On a CVT the lamps are driven by a relay controlled by the TCM (tranny controller). The relay is located in the Fusible Link Box in front of the battery. The Brown (main supply) and thin Light Blue (coil supply) relay wires should be hot anytime the key is on. The heavy Lt Blue wire is the output to the lights, if it goes hot when the shifter is in R then your problem is in the wiring or bulb grounds and not the relay. If it doesn't go hot and a new relay doesn't help, then the Purple wire which runs to the TCM may be broken. That wire should show 12V (through the relay coil) when in any shift position except R, then go to ground (0V) when in R.


----------



## VersaDaily2021 (Nov 15, 2021)

I have the A/T trans I’m just having trouble locating the switch I want to replace it can’t find it. So when opening the hood and facing it where should I find it kindly reply?


----------



## VStar650CL (Nov 12, 2020)

Back of the tranny on the driver's side, #5 in the diagram. You probably won't find it without lifting the front and peeking behind the fenderwell cover.


----------



## VersaDaily2021 (Nov 15, 2021)

perfect I get it now basically since mine has the non CVT I should be worried about the PNP and not the reverse light switch plug, cuoisidently I scanned my car in autozone and it did come back as a PNP error


----------



## VStar650CL (Nov 12, 2020)




----------



## VersaDaily2021 (Nov 15, 2021)

you have an amazing talent thanks so much


----------



## VStar650CL (Nov 12, 2020)

You're most welcome, glad to help. Happy motoring!


----------



## rtmasagca (Jan 6, 2022)

VStar650CL said:


> You're most welcome, glad to help. Happy motoring!

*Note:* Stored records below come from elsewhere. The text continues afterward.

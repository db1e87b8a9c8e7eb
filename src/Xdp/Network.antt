-- ===== src/Xdp/Network.antt =====
-- bpf/xdp_firewall.bpf.c, `caly_parse_l3` as a whole, and the passes over the headers of a tunnel.
use caly_anti.Base.{ℕ, zero, suc, ◌+◌, ◌%◌, Bool, ◌&&◌, ◌||◌, not, ltb, ◌==◌, if◌then◌else◌, List}
use caly_anti.Base.Bits.{test_bit, set_bit}
use caly_anti.Abi.Bits.{f_tunnel_inspect, pkt_tunneled}
use caly_anti.Abi.Config.{FwConfig}
use caly_anti.Abi.Reason.{StatReason}
use caly_anti.Compat.{tunnel_depth_bound}
use caly_anti.Parse.Link.{eth_p_ip, eth_p_ipv6}
use caly_anti.Parse.Packet.{PktCtx}
use caly_anti.Xdp.Frame.{
  Parsed, go, refuse, ◌>>=◌, refuse_if, max_hdr_off, u16, past_end, L3, L4, clear_l3, parse_ip4,
  parse_transport,
}
use caly_anti.Xdp.Frame6.{parse_ip6}
use caly_anti.Xdp.Ports.{is_tunnel_proto}

-- CALY_PARSE_OK and CALY_PARSE_TUNNEL
pub data Layer : Type 0 where
  transport : L4 → Layer
  tunnel : PktCtx → ℕ → ℕ → Layer

-- `no_tunnel: return caly_parse_l4(...);`
unfoldable pub no_tunnel : List ℕ → FwConfig → PktCtx → ℕ → Parsed Layer
unfolding parse_transport
no_tunnel f cfg pkt icmp_tc = do l4 ← parse_transport f cfg pkt icmp_tc; go (transport l4)

abbrev pub option_bytes : Bool → ℕ
option_bytes b = if b then 4 else 0

-- The optional words of a GRE header: checksum, key, sequence number.
abbrev pub gre_len : ℕ → ℕ
gre_len gflags =
    4
    + option_bytes (test_bit gflags 15)
    + option_bytes (test_bit gflags 13)
    + option_bytes (test_bit gflags 12)

-- Source routing is refused.
unfoldable pub gre_sane : List ℕ → PktCtx → Parsed (Unit {0})
gre_sane f pkt = do
  deep ← refuse_if pkt StatReason.drop_tunnel_trunc (ltb max_hdr_off pkt.l4_off)
  short ← refuse_if pkt StatReason.drop_tunnel_trunc (past_end f pkt.l4_off 4)
  refuse_if pkt StatReason.drop_gre_malformed
      (test_bit (u16 f pkt.l4_off) 14 || test_bit (u16 f pkt.l4_off) 11)

-- A version other than 0 or a payload other than IP is no tunnel.
unfoldable pub gre_inner : List ℕ → FwConfig → PktCtx → ℕ → Parsed Layer
unfolding no_tunnel
gre_inner f cfg pkt icmp_tc =
    let gflags = u16 f pkt.l4_off in
    let ethp = u16 f (pkt.l4_off + 2) in
    if not (gflags % 8 == 0) || not (ethp == eth_p_ip) && not (ethp == eth_p_ipv6)
    then no_tunnel f cfg pkt icmp_tc
    else go (tunnel pkt (pkt.l4_off + gre_len gflags) ethp)

unfoldable pub enter_gre : List ℕ → FwConfig → PktCtx → ℕ → Parsed Layer
unfolding gre_sane gre_inner
enter_gre f cfg pkt icmp_tc = gre_sane f pkt >>= λ _. gre_inner f cfg pkt icmp_tc

unfoldable pub enter_tunnel : List ℕ → FwConfig → PktCtx → Bool → ℕ → Parsed Layer
unfolding enter_gre no_tunnel
enter_tunnel f cfg pkt allow icmp_tc =
    if is_tunnel_proto pkt.proto && allow
    then (if pkt.proto == 4
        then go (tunnel pkt pkt.l4_off eth_p_ip)
        else if pkt.proto == 41
        then go (tunnel pkt pkt.l4_off eth_p_ipv6)
        else enter_gre f cfg pkt icmp_tc)
    else no_tunnel f cfg pkt icmp_tc

-- The header of the layer that the ethertype names.
unfoldable pub network_header : List ℕ → FwConfig → PktCtx → ℕ → StatReason → StatReason → Parsed L3
network_header f cfg pkt proto trunc4 trunc6 =
    if proto == eth_p_ip
    then parse_ip4 f cfg pkt trunc4
    else if proto == eth_p_ipv6
    then parse_ip6 f cfg pkt trunc6
    else refuse StatReason.drop_l3_unknown pkt

abbrev pub trunc4 : Bool → StatReason
trunc4 is_inner = if is_inner then StatReason.drop_tunnel_trunc else StatReason.drop_ip4_trunc

abbrev pub trunc6 : Bool → StatReason
trunc6 is_inner = if is_inner then StatReason.drop_tunnel_trunc else StatReason.drop_ip6_trunc

-- The first pass, or one on an inner header.
unfoldable pub parse_network : List ℕ → FwConfig → PktCtx → ℕ → ℕ → Bool → Bool → ℕ → Parsed Layer
unfolding network_header enter_tunnel clear_l3
parse_network f cfg pkt l3_off proto allow is_inner icmp_tc = do
  deep ← refuse_if pkt (trunc4 is_inner) (ltb max_hdr_off l3_off)
  l3 ← network_header f cfg (clear_l3 pkt l3_off) proto (trunc4 is_inner) (trunc6 is_inner)
  enter_tunnel f cfg (record l3.0 { l4_off = l3.1; proto = l3.2 }) allow icmp_tc

-- The loop body: one pass, and the next on what it finds inside.
abbrev pub descend : (PktCtx → ℕ → ℕ → Parsed L4) → Layer → Parsed L4
descend inner (transport l4) = go l4
descend inner (tunnel seen off proto) = inner seen off proto

-- The loop over CALY_TUNNEL_MAX_DEPTH + 1 passes, on the passes left.
unfoldable pub passes : ℕ → ℕ → List ℕ → FwConfig → PktCtx → ℕ → ℕ → ℕ → Parsed L4
passes zero i f cfg pkt off proto icmp_tc = refuse StatReason.drop_tunnel_depth pkt
passes (suc left) i f cfg pkt off proto icmp_tc =
    let tun_max =
      if ltb tunnel_depth_bound cfg.tunnel_max_depth
      then tunnel_depth_bound
      else cfg.tunnel_max_depth in
    let allow = test_bit cfg.flags f_tunnel_inspect && ltb i tun_max in
    let inner = λ (seen : PktCtx) (o p : ℕ).
      passes left (i + 1) f cfg
        (record seen { tunnel_depth = i + 1; flags = set_bit seen.flags pkt_tunneled }) o p
        icmp_tc in
    parse_network f cfg pkt off proto allow (ltb 0 i) icmp_tc >>= descend inner

unfoldable pub parse_layers : List ℕ → FwConfig → PktCtx → ℕ → ℕ → Parsed L4
unfolding passes parse_network
parse_layers f cfg pkt off proto = passes (tunnel_depth_bound + 1) 0 f cfg pkt off proto 0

guys can you please help me to find which color for the reverse positive pole


----------



## VStar650CL (Nov 12, 2020)

If you tell us exactly what your model-year and transmission are, sure. As you can see above, there are three different drive methods for the lamps depending on the tranny, and there may be wiring differences between MY's and between sedan/hatchback as well.


----------



## rtmasagca (Jan 6, 2022)

It''s tiida 2008 AT hatch back


----------



## VStar650CL (Nov 12, 2020)

If it's the same as US models, the wire will be Orange coming out of the PNP switch, change to Lt Blue in the Main Harness, then change again to Yellow in the Body Harness (Yellow at the combination lamps). The ground wire at the combo lamps is Black and is common with the other bulbs in the lamp assembly.


----------



## rtmasagca (Jan 6, 2022)

VStar650CL said:


> If it's the same as US models, the wire will be Orange coming out of the PNP switch, change to Lt Blue in the Main Harness, then change again to Yellow in the Body Harness (Yellow at the combination lamps). The ground wire at the combo lamps is Black and is common with the other bulbs in the lamp assembly.


Thanks brother i'll check it. My car came from Japan


----------



## VStar650CL (Nov 12, 2020)

rtmasagca said:


> Thanks brother i'll check it. My car came from Japan


You're most welcome. Yah, JDM cars can turn into a real guessing game, wiring documentation is usually very hard to find. Good luck!


----------



## rtmasagca (Jan 6, 2022)

Yeah bro, I been reaching diagram hard to find


----------